I was no longer seeing any friends from uni physically, but some lectures turned more intersting and social because of TeamSpeak. We could suddenly talk and discuss openly while the professor was speaking without interrupting anybody. Image and audio clips and memes of our professors and ourselves were created to keep our home office lifes fun. When you talked to your friend sometimes a professor was responding unexpectedly in mocking way.

It was in this habit-breaking time where I found the motivation to write a chess engine. Because I was constantly online for both uni and work, I decided to approach the project a little different.

Today, one would normally first research what a chess engine is and how it works. One would learn about different approaches, algorithms and ideas profitting by the work and knowledge of others.

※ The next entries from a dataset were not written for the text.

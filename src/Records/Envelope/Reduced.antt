-- ===== src/Records/Envelope/Reduced.antt =====
-- Envelopes are normal, and their reduction sees them as a set.
use peer_hours.Prelude.{
  Bool, not, ◌||◌, pos, String, String-discrete, Option, some, none, ◌≡◌, ◌≢◌, refl, true, false,
  List, arith, Ordering, Occurs, SameSet, ok, text_equality, >>=-eq-ok, envelope, conflicting,
}
use mathlib.Core.Path.{subst}
use peer_hours.Script.Text.{is_blank}
use peer_hours.Script.Number.{Number, whole, is_integer, less}
use peer_hours.Script.Map.{Map, values}
use peer_hours.Script.Collation.{Collation}
use peer_hours.Script.Collect.{collect_same, Occurs-values_iff}
use peer_hours.Script.Collect.Order.{Separates, sort-values_same}
use peer_hours.Records.Json.{Json, Members, field, normalize_json}
use peer_hours.Records.Json.Normal.{normalize_json_again}
use peer_hours.Records.Envelope.{
  RecordEnvelope, Envelope-discrete, envelope_members, assert_text, assert_positive_integer,
  normalize_payload, assert_canonical_timestamp, create_record_envelope, record_id_of,
  records_by_id, record_order, reduce_record_envelopes,
}

-- A text that the constructor takes is no blank.
assert_text-ok :
    (o : Option Json) (label : String) {s : String}
    → assert_text o label ≡ ok s
    → is_blank s ≡ false
unfolding assert_text
assert_text-ok o label h = ground arith

assert_positive_integer-ok :
    (o : Option Json) {n : Number}
    → assert_positive_integer o ≡ ok n
    → (not (is_integer n) || less n (whole (pos 1))) ≡ false
unfolding assert_positive_integer
assert_positive_integer-ok o h = ground arith

normalize_payload-ok :
    (o : Option Json) {j : Json} → normalize_payload o ≡ ok j → normalize_json j ≡ ok j
unfolding normalize_payload
normalize_payload-ok none h = ground arith
normalize_payload-ok (some given) {j} h = normalize_json_again given j h

module _ (is_canonical : String → Bool) where
  pub record IsEnvelope (r : RecordEnvelope) : Type 0 where
    pub id : is_blank r.id ≡ false
    pub schema : is_blank r.schema ≡ false
    pub version : (not (is_integer r.version) || less r.version (whole (pos 1))) ≡ false
    pub kind : is_blank r.kind ≡ false
    pub community : is_blank r.community_id ≡ false
    pub stamp : is_blank r.occurred_at ≡ false
    pub canonical : is_canonical r.occurred_at ≡ true
    pub author : is_blank r.author_id ≡ false
    pub payload : normalize_json r.payload ≡ ok r.payload

  assert_canonical_timestamp-ok :
      (o : Option Json) {s : String}
      → assert_canonical_timestamp is_canonical o ≡ ok s
      → (is_blank s ≡ false) × (is_canonical s ≡ true)
  unfolding assert_canonical_timestamp
  assert_canonical_timestamp-ok o h =
      let (s, e, f) = >>=-eq-ok (assert_text o "Record occurredAt timestamp") _ h in
      let told = assert_text-ok o "Record occurredAt timestamp" e in ground arith

  pub create-IsEnvelope :
      (m : Members) (r : RecordEnvelope)
      → create_record_envelope is_canonical m ≡ ok r
      → IsEnvelope r
  unfolding create_record_envelope
  create-IsEnvelope m r h =
      let (id, e₁, h₁) = >>=-eq-ok (assert_text (field m "id") "Record id") _ h in
      let (schema, e₂, h₂) = >>=-eq-ok (assert_text (field m "schema") "Record schema") _ h₁ in
      let (version, e₃, h₃) = >>=-eq-ok (assert_positive_integer (field m "version")) _ h₂ in
      let (kind, e₄, h₄) = >>=-eq-ok (assert_text (field m "kind") "Record kind") _ h₃ in
      let (community, e₅, h₅) =
        >>=-eq-ok (assert_text (field m "communityId") "Community id") _ h₄ in
      let (occurred, e₆, h₆) =
        >>=-eq-ok (assert_canonical_timestamp is_canonical (field m "occurredAt")) _ h₅ in
      let (author, e₇, h₇) = >>=-eq-ok (assert_text (field m "authorId") "Author id") _ h₆ in
      let (payload, e₈, h₈) = >>=-eq-ok (normalize_payload (field m "payload")) _ h₇ in
      let stamp = assert_canonical_timestamp-ok (field m "occurredAt") e₆ in
      let made : IsEnvelope (record {
        id = id;
        schema = schema;
        version = version;
        kind = kind;
        community_id = community;
        occurred_at = occurred;
        author_id = author;
        payload = payload;
      }) =
        record {
          id = assert_text-ok (field m "id") "Record id" e₁;
          schema = assert_text-ok (field m "schema") "Record schema" e₂;
          version = assert_positive_integer-ok (field m "version") e₃;
          kind = assert_text-ok (field m "kind") "Record kind" e₄;
          community = assert_text-ok (field m "communityId") "Community id" e₅;
          stamp = stamp.0;
          canonical = stamp.1;
          author = assert_text-ok (field m "authorId") "Author id" e₇;
          payload = normalize_payload-ok (field m "payload") e₈;
        } in
      let same : record {
        id = id;
        schema = schema;
        version = version;
        kind = kind;
        community_id = community;
        occurred_at = occurred;
        author_id = author;
        payload = payload;
      }
          ≡ r =
        ground arith in
      subst IsEnvelope same made

  pub create-envelope_members :
      (r : RecordEnvelope)
      → IsEnvelope r
      → create_record_envelope is_canonical (envelope_members r) ≡ ok r
  unfolding create_record_envelope assert_text assert_positive_integer assert_canonical_timestamp
      normalize_payload field envelope_members String-discrete
  create-envelope_members r w =
      rw (w.id, w.schema, w.version, w.kind, w.community, w.stamp, w.canonical, w.author, w.payload)
        refl

  -- What the constructor makes of an envelope with a normal payload is that envelope.
  pub create-envelope_members_same :
      (d r : RecordEnvelope)
      → normalize_json d.payload ≡ ok d.payload
      → create_record_envelope is_canonical (envelope_members d) ≡ ok r
      → r ≡ d
  unfolding create_record_envelope assert_text assert_positive_integer assert_canonical_timestamp
      normalize_payload field envelope_members String-discrete
  create-envelope_members_same d r normal h = ground (arith, normal)

  -- An envelope is its own normal form: reading the fields of an envelope that was created from any
  -- object creates the same envelope.
  pub create_record_envelope_again :
      (m : Members) (r : RecordEnvelope)
      → create_record_envelope is_canonical m ≡ ok r
      → create_record_envelope is_canonical (envelope_members r) ≡ ok r
  create_record_envelope_again m r h = create-envelope_members r (create-IsEnvelope m r h)

  module _ (c : Collation) where
    -- The collation tells the different ids of the records apart.
    abbrev pub TellsRecordsApart : List Members → Type 0
    TellsRecordsApart ms =
        (d e : Members) (x y : RecordEnvelope)
        → Occurs d ms
        → Occurs e ms
        → create_record_envelope is_canonical d ≡ ok x
        → create_record_envelope is_canonical e ≡ ok y
        → x.id ≢ y.id
        → c.locale_compare x.id y.id ≢ Ordering.eq

    abbrev earlier : RecordEnvelope → RecordEnvelope → Bool
    earlier = record_order is_canonical c

    earlier_irrefl : (r : RecordEnvelope) → earlier r r ≡ true → ⊥
    earlier_irrefl r h = ground (arith, c.swapped r.occurred_at r.occurred_at, c.swapped r.id r.id)

    earlier_trans :
        (r s t : RecordEnvelope) → earlier r s ≡ true → earlier s t ≡ true → earlier r t ≡ true
    earlier_trans r s t h k = ground (
      arith,
      c.lt_trans r.occurred_at s.occurred_at t.occurred_at,
      c.eq_lt_trans r.occurred_at s.occurred_at t.occurred_at,
      c.lt_eq_trans r.occurred_at s.occurred_at t.occurred_at,
      c.eq_trans r.occurred_at s.occurred_at t.occurred_at,
      c.lt_trans r.id s.id t.id,
    )

    records-Separates :
        (ms : List Members) (m : Map RecordEnvelope)
        → records_by_id is_canonical ms ≡ ok m
        → TellsRecordsApart ms
        → Separates record_id_of earlier (values m)
    unfolding records_by_id
    records-Separates ms m h apart a b o p n =
        let source = λ (x : RecordEnvelope).
          (Occurs-values_iff (create_record_envelope is_canonical) record_id_of
            (envelope conflicting) ms m x h).0 in
        let (d, at, e) = source a o in
        let (d', at', e') = source b p in
        let told = apart d d' a b at at' e e' n in
        ground (arith, c.swapped a.occurred_at b.occurred_at, c.swapped a.id b.id)

    -- If records reduce, the same records in any other order, and however often each is repeated,
    -- reduce too, and to the same envelopes in the same order. The collation is to tell the
    -- different ids of the records apart.
    pub reduce_record_envelopes_same :
        (ms ns : List Members) (r : List RecordEnvelope)
        → SameSet ms ns
        → TellsRecordsApart ms
        → reduce_record_envelopes is_canonical c ms ≡ ok r
        → reduce_record_envelopes is_canonical c ns ≡ ok r
    unfolding reduce_record_envelopes records_by_id
    reduce_record_envelopes_same ms ns r same apart h =
        let check = create_record_envelope is_canonical in
        let conflict = envelope conflicting in
        let (m, e, h₁) = >>=-eq-ok (records_by_id is_canonical ms) _ h in
        let (n, g, _) = collect_same check record_id_of conflict ms ns m same e in
        let sorted =
          sort-values_same record_id_of earlier earlier_irrefl earlier_trans check conflict ms ns m
            n same e g (records-Separates ms m e apart) in
        rw (g, ← sorted) h₁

One might follow a video tutorial, copy code from others or might even use an LLM to write the code. (though this was the time before ChatGPT) But what's lost in the process is the creativity and ability to come up with ideas yourself.

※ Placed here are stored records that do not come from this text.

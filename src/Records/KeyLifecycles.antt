-- ===== src/Records/KeyLifecycles.antt =====
-- Records of root-signed key lifecycles, in
-- packages/timebank-records/src/root-signed-key-lifecycle-records.ts.
use peer_hours.Prelude.{
  Bool, not, ◌||◌, String, Option, List, [], ◌∷◌, contains, ◌==◌, ◌!=◌, text_equality, pos,
  if◌then◌else◌, Result, ok, err, throw_if, ◌>>=◌, ◌>>◌, lifecycle_record, bad_statement,
  mismatched, unproven,
}
use peer_hours.Script.Number.{whole, strictly_equal}
use peer_hours.Script.Collation.{Collation}
use peer_hours.Identity.Events.{
  MemberSigningKeyAuthorization, AuthorizationAction, activate, revoke, key_for,
}
use peer_hours.Identity.Owned.{
  DeclarationTerms, LifecycleTerms, RootSignedLifecycle, create_lifecycle,
}
use peer_hours.Identity.Lifecycles.{reduce_lifecycles}
use peer_hours.Records.Json.{Json, text, object, Members, end, member, field}
use peer_hours.Records.Envelope.{RecordEnvelope, envelope_members, create_record_envelope}
use peer_hours.Records.Timebank.{reads}
use peer_hours.Records.Declarations.{declaration_from_record, member_feed_declaration_record_kind}
use peer_hours.Records.KeyEvents.{read_text, read_event, action_text, key_members}

abbrev pub root_signed_key_activation_record_kind : String
root_signed_key_activation_record_kind = "identity.root-signed-member-key.activate"

abbrev pub root_signed_key_revocation_record_kind : String
root_signed_key_revocation_record_kind = "identity.root-signed-member-key.revoke"

abbrev pub lifecycle_kind_for : AuthorizationAction → String
lifecycle_kind_for (activate pem) = root_signed_key_activation_record_kind
lifecycle_kind_for revoke = root_signed_key_revocation_record_kind

unfoldable pub lifecycle_view : RootSignedLifecycle → Members
lifecycle_view s = member "action" (text (action_text s.event.action)) (
    member "communityId" (text s.event.community_id) (
      member "eventId" (text s.event.event_id) (
        member "keyId" (text s.event.key_id) (
          member "memberId" (text s.event.member_id) (
            member "occurredAt" (text s.event.occurred_at) (
              key_members s.event.action (
                member "rootPublicKeyPem" (text s.root_public_key_pem) (
                  member "schema" (text s.schema)
                    (member "signature" (text s.signature) end)))))))))

-- `normalizedRecord.payload as unknown as RootSignedMemberSigningKeyLifecycle`
unfoldable pub read_lifecycle : Json → Result RootSignedLifecycle
unfolding read_text read_event
read_lifecycle (object s) = do
  schema ← read_text (field s "schema")
  event ← read_event s
  root ← read_text (field s "rootPublicKeyPem")
  signature ← read_text (field s "signature")
  ok (record {
    schema = schema;
    terms = record { event = event; root_public_key_pem = root };
    signature = signature;
  })
read_lifecycle _ = err (lifecycle_record bad_statement)

abbrev pub statement_or : {A : Type 0} → Result A → Result A
statement_or (ok value) = ok value
statement_or (err _) = err (lifecycle_record bad_statement)

unfoldable pub lifecycle_differs : RecordEnvelope → RootSignedLifecycle → Bool
lifecycle_differs r s =
    r.schema != "peer-hours/timebank-record"
    || not (strictly_equal r.version (whole (pos 1)))
    || r.kind != lifecycle_kind_for s.event.action
    || r.id != s.event.event_id
    || r.community_id != s.event.community_id
    || r.author_id != s.event.member_id
    || r.occurred_at != s.event.occurred_at

abbrev pub root_key : String → String → String → String
root_key community owner root = key_for community owner root

unfoldable pub is_lifecycle_record : RecordEnvelope → Bool
is_lifecycle_record r =
    r.kind == root_signed_key_activation_record_kind
    || r.kind == root_signed_key_revocation_record_kind

module _ (fingerprint : String → Option String) (is_canonical : String → Bool)
    (hash : String → String) (is_signature : String → Bool)
    (verify_lifecycle : LifecycleTerms → String → String → Result Bool) where
  unfoldable pub lifecycle_to_record : RootSignedLifecycle → Result RecordEnvelope
  lifecycle_to_record statement = do
    s ← create_lifecycle fingerprint is_canonical hash is_signature verify_lifecycle statement
    create_record_envelope is_canonical (
        envelope_members (record {
          id = s.event.event_id;
          schema = "peer-hours/timebank-record";
          version = whole (pos 1);
          kind = lifecycle_kind_for s.event.action;
          community_id = s.event.community_id;
          occurred_at = s.event.occurred_at;
          author_id = s.event.member_id;
          payload = object (lifecycle_view s);
        }))

  unfoldable pub lifecycle_from_record : Members → Result RootSignedLifecycle
  unfolding lifecycle_differs
  lifecycle_from_record input = do
    r ← create_record_envelope is_canonical input
    statement ← statement_or (do
      given ← read_lifecycle r.payload
      create_lifecycle fingerprint is_canonical hash is_signature verify_lifecycle given)
    throw_if (lifecycle_differs r statement) (lifecycle_record mismatched)
    ok statement

  -- `lifecycleRecords.map(rootSignedMemberSigningKeyLifecycleFromRecord)`
  unfoldable pub lifecycles_from_records : List Members → Result (List RootSignedLifecycle)
  lifecycles_from_records [] = ok []
  lifecycles_from_records (r ∷ records) = do
    statement ← lifecycle_from_record r
    statements ← lifecycles_from_records records
    ok (statement ∷ statements)

  unfoldable pub assert_proven : List String → List RootSignedLifecycle → Result (Unit {0})
  assert_proven roots [] = ok tt
  assert_proven roots (s ∷ statements) = do
    throw_if
        (not
          (contains roots (root_key s.event.community_id s.event.member_id s.root_public_key_pem)))
        (lifecycle_record unproven)
    assert_proven roots statements

  module _ (verify_declaration : DeclarationTerms → String → String → Result Bool) where
    -- The loop that fills `declaredRoots`.
    unfoldable pub declared_roots : List Members → Result (List String)
    declared_roots [] = ok []
    declared_roots (r ∷ records) =
        let rest = declared_roots records in
        if not (reads (field r "kind") member_feed_declaration_record_kind) then rest else do
          d ←
              declaration_from_record fingerprint is_canonical hash is_signature verify_declaration
                r
          roots ← rest
          ok (root_key d.community_id d.member_id d.root_public_key_pem ∷ roots)

    unfoldable pub reduce_proven_lifecycles :
        Collation → List Members → List Members → Result (List MemberSigningKeyAuthorization)
    reduce_proven_lifecycles c lifecycle_records declaration_records = do
      roots ← declared_roots declaration_records
      statements ← lifecycles_from_records lifecycle_records
      assert_proven roots statements
      reduce_lifecycles fingerprint is_canonical hash is_signature verify_lifecycle c statements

So I set myself the goal of writing a functional chess engine offline without doing any research at all. I took pen and paper and started to think about the algorithm that would be able to calculate the optimal chess move. It took me probably about two hours on paper to come up with and understand how the recursive algorithm would work.

I simply called it recurse. Since I forbade myself to do any research I got the chess square notation "wrong" initially. It was mirrored, so I used A8 instead of A1. But it wouldn't have made a difference. I probably only changed it to match the real chess bord next to me. At one point after quite some thinking, creativity and programming the engine worked. I was really happy which I expressed through a bold exclamation mark in the commit message: Algorithm working!

Unfortunately, to calculation turned out to be incredibly slow. It was a beautiful demonstration that a "fast" programming language (Rust) doesn't magically make your programs fast. If I implemented it in any other langauge it would have been roughly equally slow. Turns out the magnitude of slowness is largely decided by the algorithm's Big O notation, just as taught by our professors.

At this point I decided to allow myself to "cheat" and do research. I found out that the algorithm "I invented" was called minimax or minmax. I found that it could be sped up quite a bit with alpha-beta pruning. This allowed me to increase the default search depth from 4 to 5 on my machine. I found out how there is a Wikipedia, diverse communities, video tutorials and forums dedicated to chess engine programming

In summary the whole process was slow, tedious and not very easy. But it was fun, rewarding and required creative thinking. It reminded me of the time when I started to learn programming. It reminded me of my first "bigger" hobby project where I came up with a "software test", by writing a separate program testing the main program, before I knew the concept of software testing. Having followed this approach lead to a much deeper understanding of the minimax algorithm, as I basically reinvented it. If I followed a YouTube tutorial instead, I would have forgotten most of it by now. Had I followed the Chessprogramming wiki instead, my knowledge about engines would be broader but probably not as deep.

I can warmly recommend doing offline programming and reinventing things from time to time. This is especially true in the current LLM craze. Reinventing things is not particularly efficient but the process can be really inspiring. And it might even lead to an actual new invention.

Thank you Matthias for improving the program's usability and for motivating me again to write a blog post. I only noticed after giving this blog post the title that Matthias has a very similarly named blog post called Reinvent The Wheel. So did I just reinvent reinventing the wheel?